# EXERCISE
Look through the entries below and extract exactly the lines from the one containing "(r : Request) (l : BodyLimits)" through the one containing "unfolding decode_body", ends included.

(Stored data)
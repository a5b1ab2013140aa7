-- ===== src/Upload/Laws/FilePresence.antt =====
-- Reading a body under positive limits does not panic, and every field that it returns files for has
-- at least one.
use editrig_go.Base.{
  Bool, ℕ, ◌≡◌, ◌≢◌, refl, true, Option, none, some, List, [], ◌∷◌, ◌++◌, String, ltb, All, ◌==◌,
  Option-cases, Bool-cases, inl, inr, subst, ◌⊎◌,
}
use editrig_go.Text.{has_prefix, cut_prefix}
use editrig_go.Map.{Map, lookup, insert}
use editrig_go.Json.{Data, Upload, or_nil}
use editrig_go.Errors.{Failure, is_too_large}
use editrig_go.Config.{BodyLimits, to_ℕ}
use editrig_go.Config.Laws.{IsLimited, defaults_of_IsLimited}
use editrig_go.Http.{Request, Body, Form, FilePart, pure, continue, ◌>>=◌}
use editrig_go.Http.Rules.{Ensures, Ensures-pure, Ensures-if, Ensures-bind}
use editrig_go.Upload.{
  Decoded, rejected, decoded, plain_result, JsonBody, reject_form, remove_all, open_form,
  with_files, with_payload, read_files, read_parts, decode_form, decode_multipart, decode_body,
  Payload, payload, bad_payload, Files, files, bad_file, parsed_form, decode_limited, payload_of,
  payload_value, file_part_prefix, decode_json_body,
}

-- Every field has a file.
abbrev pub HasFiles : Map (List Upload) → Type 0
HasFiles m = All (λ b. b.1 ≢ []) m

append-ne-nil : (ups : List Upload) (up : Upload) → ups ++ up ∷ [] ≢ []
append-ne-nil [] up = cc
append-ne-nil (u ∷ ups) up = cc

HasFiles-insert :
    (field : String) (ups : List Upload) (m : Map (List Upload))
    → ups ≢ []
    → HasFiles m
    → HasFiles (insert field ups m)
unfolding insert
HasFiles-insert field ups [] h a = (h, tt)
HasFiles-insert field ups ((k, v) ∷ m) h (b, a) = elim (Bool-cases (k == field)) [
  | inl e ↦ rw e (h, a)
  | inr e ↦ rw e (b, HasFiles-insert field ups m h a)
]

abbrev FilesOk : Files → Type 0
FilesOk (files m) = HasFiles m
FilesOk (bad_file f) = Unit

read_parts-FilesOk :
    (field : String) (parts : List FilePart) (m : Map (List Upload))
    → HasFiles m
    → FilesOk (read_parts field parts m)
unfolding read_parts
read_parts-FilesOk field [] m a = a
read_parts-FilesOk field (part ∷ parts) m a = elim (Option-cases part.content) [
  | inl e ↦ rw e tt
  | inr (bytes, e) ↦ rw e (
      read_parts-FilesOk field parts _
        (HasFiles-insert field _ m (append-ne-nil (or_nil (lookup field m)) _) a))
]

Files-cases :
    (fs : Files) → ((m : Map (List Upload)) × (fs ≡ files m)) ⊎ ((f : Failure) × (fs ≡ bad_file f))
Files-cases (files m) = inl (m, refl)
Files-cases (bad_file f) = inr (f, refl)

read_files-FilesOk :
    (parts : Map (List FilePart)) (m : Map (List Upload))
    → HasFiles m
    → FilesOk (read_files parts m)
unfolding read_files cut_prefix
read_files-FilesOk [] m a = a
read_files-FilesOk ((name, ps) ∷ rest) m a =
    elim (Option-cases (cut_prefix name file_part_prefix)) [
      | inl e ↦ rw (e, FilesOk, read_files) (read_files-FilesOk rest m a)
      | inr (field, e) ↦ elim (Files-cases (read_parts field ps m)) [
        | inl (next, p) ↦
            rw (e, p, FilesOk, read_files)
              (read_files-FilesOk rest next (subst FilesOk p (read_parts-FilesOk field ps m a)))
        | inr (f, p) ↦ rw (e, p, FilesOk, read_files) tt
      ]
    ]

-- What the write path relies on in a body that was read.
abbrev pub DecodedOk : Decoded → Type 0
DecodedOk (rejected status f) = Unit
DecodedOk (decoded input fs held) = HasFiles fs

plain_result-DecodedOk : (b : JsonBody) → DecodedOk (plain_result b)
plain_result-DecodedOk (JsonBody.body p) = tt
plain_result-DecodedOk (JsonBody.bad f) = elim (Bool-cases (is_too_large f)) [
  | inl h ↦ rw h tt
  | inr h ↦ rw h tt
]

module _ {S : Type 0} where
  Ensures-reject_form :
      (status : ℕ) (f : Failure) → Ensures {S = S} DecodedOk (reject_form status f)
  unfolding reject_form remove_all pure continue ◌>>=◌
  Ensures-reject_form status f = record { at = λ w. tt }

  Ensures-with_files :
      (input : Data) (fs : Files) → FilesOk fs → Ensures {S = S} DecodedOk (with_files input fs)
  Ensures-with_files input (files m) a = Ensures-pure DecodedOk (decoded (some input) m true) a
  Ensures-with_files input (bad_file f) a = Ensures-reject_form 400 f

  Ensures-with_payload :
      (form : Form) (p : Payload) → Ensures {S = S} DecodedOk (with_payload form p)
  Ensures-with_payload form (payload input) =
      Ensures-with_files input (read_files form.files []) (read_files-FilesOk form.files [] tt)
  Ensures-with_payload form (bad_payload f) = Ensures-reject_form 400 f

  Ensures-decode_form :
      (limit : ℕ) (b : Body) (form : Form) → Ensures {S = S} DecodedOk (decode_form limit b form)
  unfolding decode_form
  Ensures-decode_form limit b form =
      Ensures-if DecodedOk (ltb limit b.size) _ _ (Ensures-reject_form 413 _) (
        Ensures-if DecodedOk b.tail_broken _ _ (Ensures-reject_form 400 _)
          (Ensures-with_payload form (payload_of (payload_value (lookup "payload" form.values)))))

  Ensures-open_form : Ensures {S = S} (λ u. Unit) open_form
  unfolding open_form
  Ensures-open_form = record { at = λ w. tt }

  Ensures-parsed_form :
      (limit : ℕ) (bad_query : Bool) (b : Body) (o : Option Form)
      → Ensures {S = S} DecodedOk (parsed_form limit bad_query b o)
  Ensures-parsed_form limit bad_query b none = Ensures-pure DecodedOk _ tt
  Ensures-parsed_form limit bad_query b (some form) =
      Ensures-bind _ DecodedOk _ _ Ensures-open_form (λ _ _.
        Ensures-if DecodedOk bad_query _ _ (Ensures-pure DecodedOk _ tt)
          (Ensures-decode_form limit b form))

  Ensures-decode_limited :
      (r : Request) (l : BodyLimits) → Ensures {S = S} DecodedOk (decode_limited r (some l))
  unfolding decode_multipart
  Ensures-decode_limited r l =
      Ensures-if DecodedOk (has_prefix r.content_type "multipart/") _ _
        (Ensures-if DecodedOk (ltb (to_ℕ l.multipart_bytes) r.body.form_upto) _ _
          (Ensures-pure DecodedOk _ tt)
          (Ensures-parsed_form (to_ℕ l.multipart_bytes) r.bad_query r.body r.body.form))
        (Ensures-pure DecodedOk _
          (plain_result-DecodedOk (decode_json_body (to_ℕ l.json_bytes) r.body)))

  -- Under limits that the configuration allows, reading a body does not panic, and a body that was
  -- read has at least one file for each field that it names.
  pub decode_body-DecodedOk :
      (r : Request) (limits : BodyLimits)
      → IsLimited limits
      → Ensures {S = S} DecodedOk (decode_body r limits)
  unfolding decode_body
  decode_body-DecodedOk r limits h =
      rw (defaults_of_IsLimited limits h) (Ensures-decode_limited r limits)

# TASK SOLUTION
      (r : Request) (l : BodyLimits) → Ensures {S = S} DecodedOk (decode_limited r (some l))
  unfolding decode_multipart
  Ensures-decode_limited r l =
      Ensures-if DecodedOk (has_prefix r.content_type "multipart/") _ _
        (Ensures-if DecodedOk (ltb (to_ℕ l.multipart_bytes) r.body.form_upto) _ _
          (Ensures-pure DecodedOk _ tt)
          (Ensures-parsed_form (to_ℕ l.multipart_bytes) r.bad_query r.body r.body.form))
        (Ensures-pure DecodedOk _
          (plain_result-DecodedOk (decode_json_body (to_ℕ l.json_bytes) r.body)))

  -- Under limits that the configuration allows, reading a body does not panic, and a body that was
  -- read has at least one file for each field that it names.
  pub decode_body-DecodedOk :
      (r : Request) (limits : BodyLimits)
      → IsLimited limits
      → Ensures {S = S} DecodedOk (decode_body r limits)
  unfolding decode_body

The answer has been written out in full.